Thursday, October 13, 2005

The point

The point I am trying to make in nearly all of these posts, the point that is central to understanding all that I write here, the point from which all the rest of my theory flows, is that everything has a psychic counterpart. Imagine looking at a river, or looking out into the ocean. Water is an especially good example because most people feel it: your insides seem to shift when you gaze upon moving, running - even stagnant water. It has an effect on us. Historically we have tried to capture the effect that water has on us with poetry, or beautiful words. Descriptive language. Can we not say, though, that there is water inside of us? Not, of course, the hydrogen and oxygen fusion we are used to, but inner water.

It makes very little sense upon first hearing it, but the more we get comfortable with the idea, the more sense it makes: We are humans.
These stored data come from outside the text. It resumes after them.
-- ===== src/Relay/Keeps.antt =====
-- What the end of a session, `end_session` of src/babeltower/relay.py, keeps of the database: whatever
-- closing a session's row keeps.
use babeltower.Prelude.{
  ℕ, String, sym, subst, Option, none, some, Bool, true, false, ◌&&◌, string_eq,
}
use babeltower.Models.{Db}
use babeltower.World.{World, SessionState}
use babeltower.Exec.{Result, pure, raise, cancelled_error, when, on_metrics}
use babeltower.Exec.Keeps.{Keeps, bind-Keeps, if-Keeps}
use babeltower.Relay.Sockets.{get_state, on_state}
use babeltower.Relay.Persist.{on_session, closed_row, persist_closed}
use babeltower.Relay.End.{
  Caller, cancels_caller, mark_closed, dec_active_sessions, ended_event, hang_up_all, finish,
  end_open, end_state, end_session,
}
use babeltower.Lifecycle.Silent.{Silent, hang_up_all-Silent, on_state-Silent}

-- Closing the row of any session keeps the property.
abbrev pub Outlasts : (Db → Type 0) → Type 0
Outlasts P =
    (id reason : String) (count : Option ℕ) (now : ℕ) (db : Db)
    → P db
    → P (on_session id (closed_row now reason count) db)

module _ (P : Db → Type 0) (closing : Outlasts P) where
  Silent-Keeps :
      {A : Type 0} (w : World) (p : Result A × World)
      → Silent w p
      → P w.store
      → P w.work
      → Keeps P p
  Silent-Keeps w p q h k = (subst P (sym q.same.store) h, subst P (sym q.same.work) k)

  module _ (caller : Caller) (id reason : String) (now : ℕ) where
    persist_closed-Keeps :
        (count : Option ℕ) (w : World) → P w.store → Keeps P (persist_closed id reason count now w)
    unfolding persist_closed
    persist_closed-Keeps count w h =
        (closing id reason count now w.store h, closing id reason count now w.store h)

    finish-Keeps : (s : SessionState) (w : World) → P w.store → Keeps P (finish id reason s now w)
    unfolding finish
    finish-Keeps s w h =
        bind-Keeps P (persist_closed id reason (some s.message_count) now) _ w
          (persist_closed-Keeps (some s.message_count) w h)
          λ a v g k.
            bind-Keeps P (hang_up_all (ended_event id reason) s.sockets) _ v
              (Silent-Keeps v _ (hang_up_all-Silent _ s.sockets v) g k)
              λ b u i j. Silent-Keeps u _ (on_state-Silent id _ u) i j

    counted-Keeps :
        (b : Bool) (w : World)
        → P w.store
        → P w.work
        → Keeps P (when b (on_metrics dec_active_sessions) w)
    counted-Keeps true w h k = (h, k)
    counted-Keeps false w h k = (h, k)

    end_open-Keeps :
        (s : SessionState) (w : World)
        → P w.store
        → P w.work
        → Keeps P (end_open caller id reason s now w)
    unfolding end_open
    end_open-Keeps s w h k =
        bind-Keeps P (on_state id mark_closed) _ w
          (Silent-Keeps w _ (on_state-Silent id mark_closed w) h k)
          λ a v g j.
            bind-Keeps P (when s.active_metric_counted (on_metrics dec_active_sessions)) _ v
              (counted-Keeps s.active_metric_counted v g j)
              λ b u i l.
                if-Keeps P (cancels_caller caller s && w.db_suspends) (raise cancelled_error)
                  (finish id reason s now) u (i, l) (λ _. finish-Keeps s u i)

    end_state-Keeps :
        (o : Option SessionState) (w : World)
        → P w.store
        → P w.work
        → Keeps P (end_state caller id reason now o w)
    unfolding end_state
    end_state-Keeps none w h k = persist_closed-Keeps none w h
    end_state-Keeps (some s) w h k =
        if-Keeps P s.closed (pure tt) (end_open caller id reason s now) w (h, k)
          (λ _. end_open-Keeps s w h k)

    pub end_session-Keeps :
        (w : World) → P w.store → P w.work → Keeps P (end_session caller id reason now w)
    unfolding end_session
    end_session-Keeps w h k = end_state-Keeps (get_state id w) w h k
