-- ===== src/Blocks/Apart.antt =====
-- What keeps two agents apart in the database, and that ending sessions in memory leaves it: the end of
-- `block_agent` of src/babeltower/routes/blocks.py.
use babeltower.Prelude.{
  ℕ, String, ◌≡◌, In, All-update_row, Option, none, some, Bool, true, false, List, [], ◌∷◌, arith,
  All, string_eq,
}
use babeltower.Models.{Db, Block, session_status_eq}
use babeltower.World.{World, SessionState}
use babeltower.Exec.{Result, ok, err, commit, continue, ◌>>◌}
use babeltower.Exec.Keeps.{Keeps, bind-Keeps}
use babeltower.Relay.Sockets.{get_state}
use babeltower.Relay.Persist.{closed_row}
use babeltower.Relay.End.{handler}
use babeltower.Relay.Keeps.{Outlasts, end_session-Keeps}
use babeltower.Blocks.{is_block, is_open_between, end_if_known, end_known, end_all}

-- A block of `b_id` by `a_id` is in the table.
abbrev pub HasBlock : String → String → Db → Type 0
HasBlock a_id b_id db = (b : Block) × In b db.blocks × (is_block a_id b_id b ≡ true)

-- Two agents that a block keeps apart.
abbrev pub AreApart : String → String → Db → Type 0
AreApart a_id b_id db =
    HasBlock a_id b_id db × All (λ s. is_open_between a_id b_id s ≡ false) db.sessions

module _ (a_id b_id : String) where
  abbrev Apart : Db → Type 0
  Apart = AreApart a_id b_id

  closed_row-Outlasts : Outlasts Apart
  closed_row-Outlasts id reason count now db h = (
    h.0,
    All-update_row (λ s. is_open_between a_id b_id s ≡ false) _ (closed_row now reason count)
        db.sessions (λ s e k. ground arith) h.1,
  )

  end_if_known-Apart :
      (id : String) (now : ℕ) (o : Option SessionState) (w : World)
      → Apart w.store
      → Apart w.work
      → Keeps Apart (end_if_known id now o w)
  unfolding end_if_known
  end_if_known-Apart id now none w h k = (h, k)
  end_if_known-Apart id now (some s) w h k =
      end_session-Keeps Apart closed_row-Outlasts handler id "blocked" now w h k

  end_all-Apart :
      (now : ℕ) (ids : List String) (w : World)
      → Apart w.store
      → Apart w.work
      → Keeps Apart (end_all now ids w)
  unfolding end_all end_known
  end_all-Apart now [] w h k = (h, k)
  end_all-Apart now (id ∷ rest) w h k =
      bind-Keeps Apart (end_known id now) _ w (end_if_known-Apart id now (get_state id w) w h k)
        (λ a v g j. end_all-Apart now rest v g j)

  -- The commit and the ends that follow it.
  pub committed :
      (now : ℕ) (closed : List String) (r : Result Bool) (v : World)
      → Apart v.work
      → let q = continue r (λ _. commit >> end_all now closed) v in q.0 ≡ ok tt → Apart q.1.store
  committed now closed (ok b) v k h = (end_all-Apart now closed _ k k).0
  committed now closed (err e) v k h = absurd (ground (arith, h))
Humans reflect. We are the only species, in fact, that reflects. We observe the world. We notice. We take note. And that which we have apprehended takes on a life of its own. It transforms into something else. Everything we perceive. Everything we see is at once registered in another meter. Matter becomes psyche.

At lower levels of consciousness the difference is difficult to recognize, but as people grow in consciousness they report a kind of harmony, or fusing with nature. Well, what have they fused? What were the two things that were not One before? It might be reasonable to say matter and psyche. Perhaps when we grow in consciousness there is some inner counterpart to the sun - a "psychic light" that shines upon a greater portion of the collective unconscious (this is a term used by Carl Jung that essentially means the psychic universe). This "collective unconscious" mirrors the material universe.

It's craziness. It's crazy. It's obscene. But it's true.